WORK INSTRUCTION: Collect all lines from the listing that include the string "rest".
(DATA TO EXAMINE)
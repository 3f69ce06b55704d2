-- ===== src/Base/Bits.antt =====
-- Bits of bytes, checks over small ranges by evaluation, and `&` with a low mask as a remainder.
use Prim.Native.Nat.{
  ℕ, zero, suc, ◌+◌, ◌-◌, ◌*◌, ◌/◌, ◌%◌, ◌≤◌, ◌<◌, min, bit_and, bit_and-bitwise, digits,
}
use mathlib.Core.Path.{◌≡◌, refl}
use mathlib.Core.Bool.{Bool, true, ◌&&◌}
use native.Mathlib.Omega.{arith}

-- `p` holds of every number below the bound.
unfoldable pub all_below : ℕ → (ℕ → Bool) → Bool
all_below zero p = true
all_below (suc bound) p = all_below bound p && p bound

pub all_below_sound :
    (bound : ℕ) (p : ℕ → Bool) (i : ℕ) → all_below bound p ≡ true → i < bound → p i ≡ true
unfolding all_below
all_below_sound zero p i all under = absurd (omega arith)
all_below_sound (suc bound) p i all under = ground (arith, all_below_sound bound p i)

pub all_below_complete :
    (n : ℕ) (p : ℕ → Bool) → ((x : ℕ) → x < n → p x ≡ true) → all_below n p ≡ true
unfolding all_below
all_below_complete zero p h = refl
all_below_complete (suc n) p h =
    ground (arith, h n (omega arith), all_below_complete n p (λ x lt. h x (omega arith)))

pub all_below_cong :
    (n : ℕ) (p q : ℕ → Bool) → ((x : ℕ) → x < n → p x ≡ q x) → all_below n p ≡ all_below n q
unfolding all_below
all_below_cong zero p q h = refl
all_below_cong (suc n) p q h =
    ground (arith, h n (omega arith), all_below_cong n p q (λ x lt. h x (omega arith)))

-- `&` from its low digits, `k` of them.
abbrev low_and : ℕ → ℕ → ℕ → ℕ
low_and k x y = digits (λ r. zero) min k x y

low_and-zero : (k y : ℕ) → low_and k 0 y ≡ 0
low_and-zero zero y = refl
low_and-zero (suc k) y = refl

-- Digits above the highest of `x` add nothing.
low_and_more : (k more x y : ℕ) → x ≤ k → low_and (k + more) x y ≡ low_and k x y
low_and_more zero more zero y h = low_and-zero (0 + more) y
low_and_more zero more (suc x) y h = absurd (omega arith)
low_and_more (suc k) more zero y h = low_and-zero (suc k + more) y
low_and_more (suc k) more (suc x) y h =
    let shape : suc k + more ≡ suc (k + more) = omega arith in
    let half = low_and_more k more (suc x / 2) (y / 2) (omega arith) in rw shape (omega arith)

pub bit_and_step : (a b : ℕ) → bit_and a b ≡ bit_and (a / 2) (b / 2) * 2 + min (a % 2) (b % 2)
bit_and_step zero b =
    let whole = bit_and-bitwise 0 b in let half = bit_and-bitwise 0 (b / 2) in omega arith
bit_and_step (suc a) b =
    let whole = bit_and-bitwise (suc a) b in
    let half = bit_and-bitwise (suc a / 2) (b / 2) in
    let rest : suc a / 2 + (a - suc a / 2) ≡ a = omega arith in
    let more = low_and_more (suc a / 2) (a - suc a / 2) (suc a / 2) (b / 2) (omega arith) in
    omega (arith, rw rest at more)

zero_lem : (bound a : ℕ) → a ≤ bound → bit_and a 0 ≡ 0
zero_lem bound zero h = refl
zero_lem zero (suc a) h = absurd (omega arith)
zero_lem (suc bound) (suc a) h =
    let half = zero_lem bound (suc a / 2) (omega arith) in
    let step = bit_and_step (suc a) 0 in omega arith

pub bit_and-zero : (a : ℕ) → bit_and a 0 ≡ 0
bit_and-zero a = zero_lem a a (omega arith)

pub bit_and-one : (a : ℕ) → bit_and a 1 ≡ a % 2
bit_and-one a = omega (arith, bit_and_step a 1, bit_and-zero (a / 2))

pub bit_and_three : (a : ℕ) → bit_and a 3 ≡ a % 4
bit_and_three a = omega (arith, bit_and_step a 3, bit_and-one (a / 2))

pub bit_and_seven : (a : ℕ) → bit_and a 7 ≡ a % 8
bit_and_seven a = omega (arith, bit_and_step a 7, bit_and_three (a / 2))

pub bit_and-le : (bound a b : ℕ) → a ≤ bound → bit_and a b ≤ a
bit_and-le bound zero b h = let whole = bit_and-bitwise 0 b in omega arith
bit_and-le zero (suc a) b h = absurd (omega arith)
bit_and-le (suc bound) (suc a) b h =
    let half = bit_and-le bound (suc a / 2) (b / 2) (omega arith) in
    let step = bit_and_step (suc a) b in omega arith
(End DATA TO EXAMINE)
EXERCISE OUTPUT:
    let rest : suc a / 2 + (a - suc a / 2) ≡ a = omega arith in
    omega (arith, rw rest at more)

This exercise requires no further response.